** Opening Dataset entries block **

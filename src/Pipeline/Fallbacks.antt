-- ===== src/Pipeline/Fallbacks.antt =====
-- The registered adapters of backend/app/engine/orchestration/sources.py fall back, and no source of
-- theirs has the status `error`.
use researchhub_engine.Prelude.{
  String, ◌≡◌, ◌≢◌, refl, ◌⊎◌, inl, inr, Bool, true, false, Option, none, some, List, [], ◌∷◌,
  filter_by, str_eq, if◌then◌else◌, All, arith, Bool-cases, or_else, ◌&&◌,
}
use researchhub_engine.Contracts.{StepStatus}
use researchhub_engine.Sources.{FetchedSource, SourceException, SourceAdapter}
use researchhub_engine.Sources.Context.{Attributes, no_appraisal, Context, ClerkDocs, log}
use researchhub_engine.Sources.Services.{Python, Services, Flood, Benchmarks}
use researchhub_engine.Sources.Clerk.{
  deed_adapter, deed_source, plat_adapter, plat_source, attempt_clerk_adapter, attempt_source,
  clerk_source, scrape_documents,
}
use researchhub_engine.Sources.Property.{
  parcel_adapter, appraiser_adapter, matched_parcel, unmatched_parcel, parcel_link, appraiser_link,
  appraiser_source, is_confident, confirmed_parcel, is_nonempty,
}
use researchhub_engine.Sources.Federal.{
  flood_adapter, ngs_adapter, glo_adapter, zoning_adapter, link_only, on_flood, flood_source,
  flood_status, on_benchmarks, benchmarks_source,
}
use researchhub_engine.Sources.Registry.{Registry, adapter_for, adapters}
use researchhub_engine.Reference.{residential_docs}
use researchhub_engine.Steps.{is_wanted}
use researchhub_engine.Steps.Assembly.{AreStepsOf}
use researchhub_engine.Steps.Statuses.{IsClean, NeverErrs, NotInError, build_steps-NotInError}
use researchhub_engine.Pipeline.{research_steps}

pub adapter_for-All :
    (P : SourceAdapter Context → Type 0) (registry : Registry) (key : String)
    (adapter : SourceAdapter Context)
    → All (λ (e : String × SourceAdapter Context). P e.1) registry
    → adapter_for registry key ≡ some adapter
    → P adapter
unfolding adapter_for
adapter_for-All P [] key adapter h e = cc
adapter_for-All P ((k, a) ∷ registry) key adapter h e =
    go (str_eq key k) (adapter_for-All P registry key adapter h.1) e
  where
    go :
        (b : Bool)
        → (adapter_for registry key ≡ some adapter → P adapter)
        → (if b then some a else adapter_for registry key) ≡ some adapter
        → P adapter
    go true rest e = let same : a ≡ adapter = cc in rw (← same) h.0
    go false rest e = rest e

link_only-NeverErrs :
    (source : Context → FetchedSource)
    → ((ctx : Context) → (source ctx).status ≡ StepStatus.link)
    → NeverErrs (link_only source)
unfolding link_only
link_only-NeverErrs source links = record {
  falls = λ ctx. (_, _, refl);
  fetches = λ ctx h. let l = links ctx in cc;
  fallbacks = λ ctx h. let l = links ctx in cc;
}

glo-NeverErrs : NeverErrs glo_adapter
unfolding glo_adapter
glo-NeverErrs = link_only-NeverErrs _ (λ ctx. refl)

zoning-NeverErrs : NeverErrs zoning_adapter
unfolding zoning_adapter
zoning-NeverErrs = link_only-NeverErrs _ (λ ctx. refl)

unmatched-clean : (ctx : Context) → (unmatched_parcel ctx).status ≢ StepStatus.error
unfolding unmatched_parcel parcel_link
unmatched-clean ctx =
    elim (Bool-cases (is_nonempty ctx.parcel.parcels && ctx.parcel.buffered_match)) [
      | inl e ↦ rw e cc
      | inr e ↦ rw e cc
    ]

module _ (python : Python) (services : Services) where
  parcel-NeverErrs : NeverErrs (parcel_adapter python services)
  unfolding parcel_adapter
  parcel-NeverErrs = record {
    falls = λ ctx. (_, _, refl);
    fetches = λ ctx. fetched ctx (is_confident ctx);
    fallbacks = λ ctx. unfold parcel_link in cc;
  }
    where
      fetched :
          (ctx : Context) (b : Bool)
          → (if b then matched_parcel python services ctx else unmatched_parcel ctx).status
            ≢ StepStatus.error
      fetched ctx true = unfold matched_parcel in cc
      fetched ctx false = unmatched-clean ctx

  appraiser-NeverErrs : NeverErrs (appraiser_adapter python services)
  unfolding appraiser_adapter appraiser_source appraiser_link
  appraiser-NeverErrs = record {
    falls = λ ctx. (_, _, refl);
    fetches = λ ctx. fetched ctx (confirmed_parcel ctx);
    fallbacks = λ ctx. cc;
  }
    where
      fetched :
          (ctx : Context) (o : Option Attributes)
          → (appraiser_source python services ctx (or_else ctx.appr no_appraisal) o).status
            ≢ StepStatus.error
      fetched ctx none = cc
      fetched ctx (some attrs) = cc

  deed-NeverErrs : NeverErrs (deed_adapter python services)
  unfolding deed_adapter clerk_source
  deed-NeverErrs = record {
    falls = λ ctx. (_, _, refl);
    fetches = λ ctx. fetched (scrape_documents python services ctx);
    fallbacks = λ ctx. cc;
  }
    where
      fetched : (r : ClerkDocs × Context) → IsClean (deed_source python services r)
      fetched (docs, ctx) = cc

  plat-NeverErrs : NeverErrs (plat_adapter python services)
  unfolding plat_adapter clerk_source
  plat-NeverErrs = record {
    falls = λ ctx. (_, _, refl);
    fetches = λ ctx. fetched (scrape_documents python services ctx);
    fallbacks = λ ctx. cc;
  }
    where
      fetched : (r : ClerkDocs × Context) → IsClean (plat_source python services r)
      fetched (docs, ctx) = cc

  attempt-NeverErrs :
      (k l : String) (read : ClerkDocs → Option String)
      → NeverErrs (attempt_clerk_adapter python services k l read)
  unfolding attempt_clerk_adapter clerk_source
  attempt-NeverErrs k l read = record {
    falls = λ ctx. (_, _, refl);
    fetches = λ ctx. fetched (scrape_documents python services ctx);
    fallbacks = λ ctx. fetched (scrape_documents python services ctx);
  }
    where
      fetched : (r : ClerkDocs × Context) → IsClean (attempt_source python services k l read r)
      fetched (docs, ctx) = cc

  flood-NeverErrs : NeverErrs (flood_adapter python services)
  unfolding flood_adapter flood_source
  flood-NeverErrs = record {
    falls = λ ctx. (_, _, refl);
    fetches = λ ctx. fetched ctx (services.flood ctx.lat ctx.lon ctx.county_fips);
    fallbacks = λ ctx. cc;
  }
    where
      graded : (f : Flood) (map_file : Option String) → flood_status f map_file ≢ StepStatus.error
      graded f (some m) = cc
      graded f none = ground arith

      fetched :
          (ctx : Context) (r : SourceException ⊎ Flood) → IsClean (on_flood python services ctx r)
      fetched ctx (inl e) = tt
      fetched ctx (inr f) = graded f _

  ngs-NeverErrs : NeverErrs (ngs_adapter python services)
  unfolding ngs_adapter benchmarks_source
  ngs-NeverErrs = record {
    falls = λ ctx. (_, _, refl);
    fetches = λ ctx. fetched ctx (services.benchmarks ctx.lat ctx.lon);
    fallbacks = λ ctx. cc;
  }
    where
      fetched :
          (ctx : Context) (r : SourceException ⊎ Benchmarks)
          → IsClean (on_benchmarks python services ctx r)
      fetched ctx (inl e) = tt
      fetched ctx (inr b) = ground arith

  adapters-NeverErrs :
      All (λ (e : String × SourceAdapter Context). NeverErrs e.1) (adapters python services)
  unfolding adapters
  adapters-NeverErrs = (
    parcel-NeverErrs,
    (
      appraiser-NeverErrs,
      (
        deed-NeverErrs,
        (
          plat-NeverErrs,
          (
            attempt-NeverErrs _ _ _,
            (
              attempt-NeverErrs _ _ _,
              (
                attempt-NeverErrs _ _ _,
                (
                  attempt-NeverErrs _ _ _,
                  (flood-NeverErrs, (ngs-NeverErrs, (glo-NeverErrs, (zoning-NeverErrs, tt)))),
                ),
              ),
            ),
          ),
        ),
      ),
    ),
  )

  -- The pipeline with the registered adapters always returns, whatever the services raise: one step
  -- for each wanted document of the reference, in its order, and none with the status `error`.
  pub research_steps-NotInError :
      (cut : String → String) (include : Option (List String)) (ctx : Context)
      → AreStepsOf python.repr cut log
          (adapter_for (adapters python services))
          NotInError
          (filter_by (is_wanted include) residential_docs)
          (research_steps python cut services include ctx)
  unfolding research_steps
  research_steps-NotInError cut include ctx =
      build_steps-NotInError python.repr cut log (adapter_for (adapters python services))
        (λ key adapter.
          adapter_for-All NeverErrs (adapters python services) key adapter adapters-NeverErrs)
        include ctx
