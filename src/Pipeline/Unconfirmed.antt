-- ===== src/Pipeline/Unconfirmed.antt =====
-- What the pipeline of backend/app/engine/orchestration does for a parcel that the context does not
-- confirm.
use researchhub_engine.Prelude.{
  ◌≡◌, refl, ap, ◌∙◌, ◌⊎◌, inl, inr, true, false, ◌&&◌, Option, none, some, arith, is_none,
  contains,
}
use researchhub_engine.Sources.{ManifestEntry}
use researchhub_engine.Sources.Context.{no_appraisal, Context, ClerkDocs, no_docs, log}
use researchhub_engine.Sources.Services.{Python, Services}
use researchhub_engine.Sources.Legal.{is_full}
use researchhub_engine.Sources.Clerk.{
  with_appraisal, clerk_documents, scrape_documents, scrape_or_cached, scraped,
}
use researchhub_engine.Resolution.Phases.{unconfirmed_warning}

-- The context does not confirm its parcel, has no identifier of it and a warning that says so, the empty
-- appraiser's record that it was made with, and no document of the clerk.
pub record IsUnconfirmed (ctx : Context) : Type 0 where
  pub unconfirmed : ctx.parcel_ok ≡ false
  pub no_id : ctx.parcel_id ≡ ""
  pub warned : contains unconfirmed_warning ctx.warnings ≡ true
  pub no_record : ctx.appr ≡ some no_appraisal
  pub no_document : (ctx.clerk_docs ≡ none) ⊎ (ctx.clerk_docs ≡ some no_docs)

pub log-IsUnconfirmed :
    (e : ManifestEntry) (ctx : Context) → IsUnconfirmed ctx → IsUnconfirmed (log e ctx)
unfolding log
log-IsUnconfirmed e ctx u = record {
  unconfirmed = u.unconfirmed;
  no_id = u.no_id;
  warned = u.warned;
  no_record = u.no_record;
  no_document = u.no_document;
}

module _ (python : Python) (services : Services) where
  with_appraisal_lem :
      (ctx : Context) → IsUnconfirmed ctx → with_appraisal python services ctx ≡ ctx
  unfolding with_appraisal
  with_appraisal_lem ctx u =
      let off : (services.appraiser_available ctx.county_fips
            && is_full ctx.parcel_id
            && is_none ctx.appr)
          ≡ false =
        rw u.no_record (ground arith) in
      rw off refl

  clerk_documents_lem :
      (ctx : Context) → IsUnconfirmed ctx → clerk_documents python services ctx ≡ no_docs
  unfolding clerk_documents
  clerk_documents_lem ctx u = rw u.unconfirmed refl

  scraped_lem :
      (ctx : Context)
      → IsUnconfirmed ctx
      → scraped python services ctx ≡ (no_docs, record ctx { clerk_docs = some no_docs })
  scraped_lem ctx u = rw (clerk_documents_lem ctx u) refl

  from_cache :
      (ctx : Context) (o : Option ClerkDocs)
      → IsUnconfirmed ctx
      → (o ≡ none) ⊎ (o ≡ some no_docs)
      → (ctx' : Context) × (scrape_or_cached python services ctx o ≡ (no_docs, ctx'))
        × IsUnconfirmed ctx'
  from_cache ctx none u h = (
    record ctx { clerk_docs = some no_docs },
    ap (scraped python services) (with_appraisal_lem ctx u) ∙ scraped_lem ctx u,
    record {
      unconfirmed = u.unconfirmed;
      no_id = u.no_id;
      warned = u.warned;
      no_record = u.no_record;
      no_document = inr refl;
    },
  )
  from_cache ctx (some docs) u (inl h) = cc
  from_cache ctx (some docs) u (inr h) = let same : docs ≡ no_docs = cc in (ctx, rw same refl, u)

  -- Nothing is scraped.
  pub scrape_documents_lem :
      (ctx : Context)
      → IsUnconfirmed ctx
      → (ctx' : Context) × (scrape_documents python services ctx ≡ (no_docs, ctx'))
        × IsUnconfirmed ctx'
  unfolding scrape_documents
  scrape_documents_lem ctx u = from_cache ctx ctx.clerk_docs u u.no_document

** Closing Dataset entries block **

Description of the task: From the records above, retype only the lines starting at the line that contains "services k l read)" and ending at the line that contains "flood-NeverErrs = record", both included.

Response to the task:
      → NeverErrs (attempt_clerk_adapter python services k l read)
  unfolding attempt_clerk_adapter clerk_source
  attempt-NeverErrs k l read = record {
    falls = λ ctx. (_, _, refl);
    fetches = λ ctx. fetched (scrape_documents python services ctx);
    fallbacks = λ ctx. fetched (scrape_documents python services ctx);
  }
    where
      fetched : (r : ClerkDocs × Context) → IsClean (attempt_source python services k l read r)
      fetched (docs, ctx) = cc

  flood-NeverErrs : NeverErrs (flood_adapter python services)
  unfolding flood_adapter flood_source
  flood-NeverErrs = record {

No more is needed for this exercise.